Acknowledgment is a kind of magic because strong human connections are experienced when it is given from one person to another. This reinforces social interactions and boosts motivation, energy, and cooperation in both parties.

Money isn’t the simple great motivator most of us assume it to be. Sometimes it is even a disincentive. Motivation is more complex than carrots and sticks.

What We Feel But Can’t See

We are driven by all sorts of intangible, emotional forces, some of which we are aware yet a large portion remains hidden from our own consciousness.

We all have basic needs to be recognized and to feel ownership. We want to feel a sense of accomplishment and autonomy. We want to experience a degree of control and need to know that what we say and do matters.

We crave security and will work long and hard for long-term commitments. Ultimately we strive to achieve a sense of shared purpose. We want to feel that our work and our lives matter even after death.
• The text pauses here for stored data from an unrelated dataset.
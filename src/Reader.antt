-- ===== src/Reader.antt =====
-- `Reader.Query` of reader.go: the ids that it yields from the sorted scores.
use textiplex.Prelude.{
  ℕ, zero, suc, ◌+◌, ◌-◌, ◌%◌, ◌^◌, ◌≤◌, ◌<◌, ◌≡◌, refl, sym, ap, Bool, true, false, ◌||◌, Option,
  none, some, List, [], ◌∷◌, length, map, take, drop, take_all, length-drop, All, min, leb, le→leb,
  get_elem?, get_elem?_total, slice, ◌==◌, if◌then◌else◌, ◌>>=◌, Bool-cases, inl, inr, arith,
}
use mathlib.Core.List.{reverse, reverse_aux}
use textiplex.Bytes.{Bytes}
use textiplex.Storage.Headers.{Float32, DocumentId, bytes}
use textiplex.Query.Scoring.{Score}

-- `score.Value == 0`, which both zeros of `float32` are.
abbrev pub is_zero_value : Float32 → Bool
is_zero_value v = v == 0 || v == 2 ^ 31

-- The loop over the scores, for a caller that takes all that it yields.
unfoldable pub yield_ids : List DocumentId → List Score → Option (List Bytes)
yield_ids ids [] = some []
yield_ids ids (score ∷ scores) =
    let rest = yield_ids ids scores in
    if is_zero_value score.value
    then some []
    else get_elem? ids score.index >>= λ id. rest >>= λ yielded. some (bytes id.value ∷ yielded)

-- `max(uint(len(scores))-skip, 0)`, where the difference of two `uint` wraps around.
abbrev pub backward_end : ℕ → List Score → ℕ
backward_end skip scores = (length scores + 2 ^ 64 - skip) % 2 ^ 64

-- The scores that are left of the sorted ones behind `skip`, in the order of the loop. Their array
-- has no room behind them.
unfoldable pub page : ℕ → Bool → List Score → Option (List Score)
page skip reversed scores =
    if reversed
    then (slice scores 0 (backward_end skip scores) >>= λ s. some (reverse s))
    else slice scores (min skip (length scores)) (length scores)

-- `Query` behind `ResolveScores`.
unfoldable pub query_ids : List DocumentId → ℕ → Bool → List Score → Option (List Bytes)
query_ids ids skip reversed scores = page skip reversed scores >>= λ s. yield_ids ids s

-- The scores before the first zero.
unfoldable pub positive : List Score → List Score
positive [] = []
positive (score ∷ scores) = if is_zero_value score.value then [] else score ∷ positive scores

unfoldable pub id_of : List DocumentId → Score → Bytes
id_of ids score = elim (get_elem? ids score.index) [ none ↦ [] | some id ↦ bytes id.value ]

id_of_lem :
    (ids : List DocumentId) (score : Score) (id : DocumentId)
    → get_elem? ids score.index ≡ some id
    → bytes id.value ≡ id_of ids score
unfolding id_of
id_of_lem ids score id e = rw (e, id_of) refl

yield_ids-eq-map :
    (ids : List DocumentId) (scores : List Score)
    → All (λ score. score.index < length ids) scores
    → yield_ids ids scores ≡ some (map (id_of ids) (positive scores))
unfolding yield_ids positive
yield_ids-eq-map ids [] h = refl
yield_ids-eq-map ids (score ∷ scores) h = elim (Bool-cases (is_zero_value score.value)) [
  | inl over ↦ rw over refl
  | inr other ↦
      let (id, e) = get_elem?_total ids score.index h.0 in
      rw (other, e, yield_ids-eq-map ids scores h.1)
        (ap (λ b. some (b ∷ map (id_of ids) (positive scores))) (id_of_lem ids score id e))
]

module _ {A : Type 0} (P : A → Type 0) where
  All-drop : (n : ℕ) (xs : List A) → All P xs → All P (drop n xs)
  All-drop zero xs h = h
  All-drop (suc n) [] h = tt
  All-drop (suc n) (x ∷ xs) h = All-drop n xs h.1

  All-take : (n : ℕ) (xs : List A) → All P xs → All P (take n xs)
  All-take zero xs h = tt
  All-take (suc n) [] h = tt
  All-take (suc n) (x ∷ xs) h = (h.0, All-take n xs h.1)

  All-reverse_aux : (xs ys : List A) → All P xs → All P ys → All P (reverse_aux xs ys)
  All-reverse_aux [] ys h k = k
  All-reverse_aux (x ∷ xs) ys h k = All-reverse_aux xs (x ∷ ys) h.1 (h.0, k)

-- The sorted scores behind `skip` of them, from the front or from the back.
unfoldable pub behind : ℕ → Bool → List Score → List Score
behind skip true scores = reverse (take (length scores - skip) scores)
behind skip false scores = drop skip scores

All-behind :
    (P : Score → Type 0) (skip : ℕ) (reversed : Bool) (scores : List Score)
    → All P scores
    → All P (behind skip reversed scores)
unfolding behind
All-behind P skip true scores h =
    All-reverse_aux P (take (length scores - skip) scores) []
      (All-take P (length scores - skip) scores h) tt
All-behind P skip false scores h = All-drop P skip scores h

slice_front :
    (n : ℕ) (scores : List Score) → n ≤ length scores → slice scores 0 n ≡ some (take n scores)
slice_front n scores h =
    let whole : n - 0 ≡ n = omega arith in
    rw (le→leb 0 n (omega arith), le→leb n (length scores) h) (ap (λ m. some (take m scores)) whole)

slice_back :
    (n : ℕ) (scores : List Score)
    → n ≤ length scores
    → slice scores n (length scores) ≡ some (drop n scores)
slice_back n scores h =
    rw
      (
        le→leb n (length scores) h,
        le→leb (length scores) (length scores) (omega arith),
        sym (length-drop n scores),
        take_all (drop n scores),
      )
      refl

page-eq-behind :
    (skip : ℕ) (reversed : Bool) (scores : List Score)
    → skip ≤ length scores
    → length scores < 2 ^ 64
    → page skip reversed scores ≡ some (behind skip reversed scores)
unfolding page behind
page-eq-behind skip true scores h w =
    let exact : backward_end skip scores ≡ length scores - skip =
      wrapped skip (length scores) h w in
    rw (exact, slice_front (length scores - skip) scores (omega arith)) refl
  where
    wrapped : (skip n : ℕ) → skip ≤ n → n < 2 ^ 64 → (n + 2 ^ 64 - skip) % 2 ^ 64 ≡ n - skip
    wrapped skip n h w = omega (arith, h, w)
page-eq-behind skip false scores h w =
    let exact : min skip (length scores) ≡ skip = ground (arith, h) in
    rw (exact, slice_back skip scores h) refl

-- For sorted scores whose documents the storage all has, fewer than 2^64, and a `skip` that is
-- at most their number: `Query` yields, of the scores behind the first `skip`, or with
-- `reverse` behind the last `skip` and from the last to the first, the ids of the documents
-- before the first score that is zero, and none after it, so that with `reverse` a last score
-- of zero leaves no id at all.
pub query_ids-eq-map :
    (ids : List DocumentId) (skip : ℕ) (reversed : Bool) (scores : List Score)
    → skip ≤ length scores
    → length scores < 2 ^ 64
    → All (λ score. score.index < length ids) scores
    → query_ids ids skip reversed scores
      ≡ some (map (id_of ids) (positive (behind skip reversed scores)))
unfolding query_ids
query_ids-eq-map ids skip reversed scores h w range = rw (page-eq-behind skip reversed scores h w) (
    yield_ids-eq-map ids (behind skip reversed scores)
      (All-behind (λ score. score.index < length ids) skip reversed scores range))

-- With `reverse` and a `skip` that is above the number of scores and below 2^64, `Query`
-- panics.
pub query_ids-panics :
    (ids : List DocumentId) (skip : ℕ) (scores : List Score)
    → length scores < skip
    → skip < 2 ^ 64
    → query_ids ids skip true scores ≡ none
unfolding query_ids page
query_ids-panics ids skip scores h w =
    rw (above skip (length scores) h w, le→leb 0 (backward_end skip scores) (omega arith)) refl
  where
    above : (skip n : ℕ) → n < skip → skip < 2 ^ 64 → leb ((n + 2 ^ 64 - skip) % 2 ^ 64) n ≡ false
    above skip n h w = ground (arith, h, w)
Knowing all this about human motivation, how can we motivate others? Can it be as simple as increasing expression of appreciation and decreasing criticism? By simply acknowledging the efforts of those working and living with us, we can increase motivation all around.

Which raises some questions. If acknowledgment is so valuable, why aren’t more managers doing it? For that matter, why doesn’t everyone ―co-workers, parents, partners, and family members―express more appreciation in order to boost motivation? Why do we continue to criticize the very people we want to motivate?

“Arguably, the most powerful motivator in the world is our connection to others.”